### [What to do]
Nothing past the line containing "Files = FilePath → Bool" belongs in the output. Copy exactly every line of the data below from the first up to and including it.

*** Opening of Data supplied ***

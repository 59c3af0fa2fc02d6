-- ===== src/Setup/Leaves.antt =====
-- The files that setup/src/main.rs leaves: what its requests do to a folder tree, where they succeed, as
-- the standard library says.
pub mod Gone
use ak1_driver.Prelude.{
  ℕ, ◌≡◌, refl, sym, ap, ◌∙◌, inl, inr, Bool, true, false, ◌&&◌, ◌||◌, not, List, [], ◌∷◌, ◌++◌,
  Option, none, some, map, if◌then◌else◌, Bool-cases, arith,
}
use ak1_driver.Prelude.Text.{Text, text_eq, text_eq_refl, codes}
use ak1_driver.Setup.{
  FilePath, same_path, is_under, inf, certificate, driver_files, asio_dll, panel, setup_program,
  cert_stores, Paths, Store, Value, Request, turn_test_signing_on, create_dir, write_file,
  copy_file, trust, open_certificate, distrust, delete_driver, add_driver, register, unregister,
  save_shortcut, create_uninstall_key, set_value, delete_uninstall_key, remove_file, remove_dir,
  spawn, delete_at_restart, Result, ok, err, System, Action,
}
use ak1_driver.Setup.Signing.{is_active}
use ak1_driver.Setup.Install.{
  Payload, embedded, or_empty, Facts, join, uninstall_values, Ending, installed, removed, install,
}
use ak1_driver.Setup.Uninstall.{certificate_of, uninstall_from, hand_over}
use ak1_driver.Setup.Plan.{Does, Follows, IsDone}
use ak1_driver.Setup.Plan.Steps.{
  package_names, signing_steps, written, copy_steps, package_steps, program_steps, install_steps,
  install-Does,
}
use ak1_driver.Setup.Plan.Removal.{
  unregister_steps, distrust_steps, removal_steps, uninstall_steps, uninstall_from-Does,
}

-- Which files are there.
abbrev pub Files : Type 0
Files = FilePath → Bool

abbrev pub added : FilePath → Files → Files
added path files p = same_path p path || files p

-- Requests that change files in one folder only.
abbrev pub IsConfined : (Request → Files → Files) → (folder : FilePath) → Type 0
IsConfined store folder =
    (request : Request) (files : Files) (p : FilePath)
    → is_under p folder ≡ false
    → store request files p ≡ files p

-- The program's own places.
abbrev pub is_own : Paths → FilePath → Bool
is_own paths p =
    same_path p paths.shortcut || (is_under p paths.programs || is_under p paths.driver)

same_path-is_under :
    (p folder rest : FilePath) → same_path p (folder ++ rest) ≡ true → is_under p folder ≡ true
unfolding same_path is_under
same_path-is_under p [] rest h = refl
same_path-is_under [] (b ∷ folder) rest h = h
same_path-is_under (a ∷ p) (b ∷ folder) rest h = ground (arith, h, same_path-is_under p folder rest)

added_elsewhere :
    (p path : FilePath) (files : Files) → same_path p path ≡ false → added path files p ≡ files p
added_elsewhere p path files h = rw h refl

not_in :
    (p folder : FilePath) (file : Text)
    → is_under p folder ≡ false
    → same_path p (join folder file) ≡ false
not_in p folder file h = ground (arith, h, same_path-is_under p folder (file ∷ []))

module _ (store : Request → Files → Files) where
  -- The files after a request; `pnputil` does to them what `store` says.
  abbrev pub change : Request → Files → Files
  change (write_file path contents) files = added path files
  change (copy_file from to) files = added to files
  change (save_shortcut link target) files = added link files
  change (remove_file path) files = λ p. not (same_path p path) && files p
  change (remove_dir folder) files = λ p. not (is_under p folder) && files p
  change (add_driver path) files = store (add_driver path) files
  change (delete_driver name) files = store (delete_driver name) files
  change _ files = files

  abbrev pub change_all : List Request → Files → Files
  change_all [] files = files
  change_all (request ∷ requests) files = change_all requests (change request files)

  pub change_all-append :
      (first second : List Request) (files : Files)
      → change_all (first ++ second) files ≡ change_all second (change_all first files)
  change_all-append [] second files = refl
  change_all-append (request ∷ first) second files =
      change_all-append first second (change request files)

  -- Requests that leave the file at `p` alone.
  abbrev pub Spares : FilePath → List Request → Type 0
  Spares p [] = Unit
  Spares p (request ∷ requests) =
      ((files : Files) → change request files p ≡ files p) × Spares p requests

  pub change_all-Spares :
      (p : FilePath) (requests : List Request) (files : Files)
      → Spares p requests
      → change_all requests files p ≡ files p
  change_all-Spares p [] files h = refl
  change_all-Spares p (request ∷ requests) files h =
      change_all-Spares p requests (change request files) h.1 ∙ h.0 files

  pub Spares-append :
      (p : FilePath) (first second : List Request)
      → Spares p first
      → Spares p second
      → Spares p (first ++ second)
  Spares-append p [] second h k = k
  Spares-append p (request ∷ first) second h k = (h.0, Spares-append p first second h.1 k)

  pub Spares-map :
      {A : Type 0} (p : FilePath) (f : A → Request) (xs : List A)
      → ((x : A) (files : Files) → change (f x) files p ≡ files p)
      → Spares p (map f xs)
  Spares-map p f [] h = tt
  Spares-map p f (x ∷ xs) h = (h x, Spares-map p f xs h)

-- A file that is in none of the program's places, nor in the folder where `pnputil` keeps drivers.
module _ (store : Request → Files → Files) (windows : FilePath)
    (confined : IsConfined store windows) (facts : Facts) (p : FilePath)
    (outside : is_under p windows ≡ false) (elsewhere : is_own facts.paths p ≡ false) where
  not_shortcut : same_path p facts.paths.shortcut ≡ false
  not_shortcut = ground (arith, elsewhere)

  not_programs : is_under p facts.paths.programs ≡ false
  not_programs = ground (arith, elsewhere)

  not_driver : is_under p facts.paths.driver ≡ false
  not_driver = ground (arith, elsewhere)

  written-Spares :
      (payload : Payload) (folder : FilePath) (files : List Text)
      → is_under p folder ≡ false
      → Spares store p (written payload folder files)
  written-Spares payload folder files h =
      Spares-map store p (λ file. write_file (join folder file) (or_empty (embedded payload file)))
        files (λ file before. added_elsewhere p (join folder file) before (not_in p folder file h))

  copy_steps-Spares :
      (exe : Option FilePath)
      → Spares store p (copy_steps exe (join facts.paths.programs setup_program))
  copy_steps-Spares none = tt
  copy_steps-Spares (some exe) = elim (Bool-cases (same_path exe setup)) [
    | inl e ↦ rw e tt
    | inr e ↦ rw e (
      (λ before.
          added_elsewhere p setup before
            (not_in p facts.paths.programs setup_program not_programs)),
      tt,
    )
  ]
    where
      setup : FilePath
      setup = join facts.paths.programs setup_program

  signing_steps-Spares : Spares store p (signing_steps facts.signing)
  signing_steps-Spares = elim (Bool-cases (is_active facts.signing.start_options)) [
    | inl e ↦ rw e tt
    | inr e ↦ rw e ((λ before. refl), tt)
  ]

  package_steps-Spares : Spares store p (package_steps facts)
  package_steps-Spares =
      let contents = or_empty (embedded facts.payload certificate) in
      let trusted = map (λ store. trust store contents) cert_stores in
      let deleted = map delete_driver (package_names facts.drivers) in
      let last = add_driver (join facts.paths.driver inf) ∷ [] in
      (
        (λ before. refl),
        Spares-append store p (written facts.payload facts.paths.driver driver_files)
            (trusted ++ (deleted ++ last))
            (written-Spares facts.payload facts.paths.driver driver_files not_driver)
            (Spares-append store p trusted (deleted ++ last)
              (Spares-map store p (λ store. trust store contents) cert_stores
                (λ store before. refl))
              (Spares-append store p deleted last
                (Spares-map store p delete_driver (package_names facts.drivers)
                  (λ name before. confined (delete_driver name) before p outside))
                (
                  (λ before. confined (add_driver (join facts.paths.driver inf)) before p outside),
                  tt,
                ))),
      )

  program_steps-Spares : Spares store p (program_steps facts)
  program_steps-Spares = (
    (λ before. refl),
    Spares-append store p (written facts.payload facts.paths.programs (asio_dll ∷ panel ∷ [])) _
        (written-Spares facts.payload facts.paths.programs (asio_dll ∷ panel ∷ []) not_programs)
        (Spares-append store p (copy_steps facts.exe (join facts.paths.programs setup_program)) _
          (copy_steps-Spares facts.exe)
          (
            (λ before. refl),
            (
              (λ before. added_elsewhere p facts.paths.shortcut before not_shortcut),
              (
                (λ before. refl),
                Spares-map store p (λ v. set_value v.0 v.1)
                    (uninstall_values facts (join facts.paths.programs setup_program))
                    (λ v before. refl),
              ),
            ),
          )),
  )

  pub install_steps-Spares : Spares store p (install_steps facts)
  install_steps-Spares =
      Spares-append store p (signing_steps facts.signing) _ signing_steps-Spares
        (Spares-append store p (package_steps facts) _ package_steps-Spares program_steps-Spares)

*** Close of Data supplied ***

### [Answer section]
repository 59c3af0fa2fc02d6
-- ===== src/Setup/Leaves.antt =====
-- The files that setup/src/main.rs leaves: what its requests do to a folder tree, where they succeed, as
-- the standard library says.
pub mod Gone
use ak1_driver.Prelude.{
  ℕ, ◌≡◌, refl, sym, ap, ◌∙◌, inl, inr, Bool, true, false, ◌&&◌, ◌||◌, not, List, [], ◌∷◌, ◌++◌,
  Option, none, some, map, if◌then◌else◌, Bool-cases, arith,
}
use ak1_driver.Prelude.Text.{Text, text_eq, text_eq_refl, codes}
use ak1_driver.Setup.{
  FilePath, same_path, is_under, inf, certificate, driver_files, asio_dll, panel, setup_program,
  cert_stores, Paths, Store, Value, Request, turn_test_signing_on, create_dir, write_file,
  copy_file, trust, open_certificate, distrust, delete_driver, add_driver, register, unregister,
  save_shortcut, create_uninstall_key, set_value, delete_uninstall_key, remove_file, remove_dir,
  spawn, delete_at_restart, Result, ok, err, System, Action,
}
use ak1_driver.Setup.Signing.{is_active}
use ak1_driver.Setup.Install.{
  Payload, embedded, or_empty, Facts, join, uninstall_values, Ending, installed, removed, install,
}
use ak1_driver.Setup.Uninstall.{certificate_of, uninstall_from, hand_over}
use ak1_driver.Setup.Plan.{Does, Follows, IsDone}
use ak1_driver.Setup.Plan.Steps.{
  package_names, signing_steps, written, copy_steps, package_steps, program_steps, install_steps,
  install-Does,
}
use ak1_driver.Setup.Plan.Removal.{
  unregister_steps, distrust_steps, removal_steps, uninstall_steps, uninstall_from-Does,
}

-- Which files are there.
abbrev pub Files : Type 0
Files = FilePath → Bool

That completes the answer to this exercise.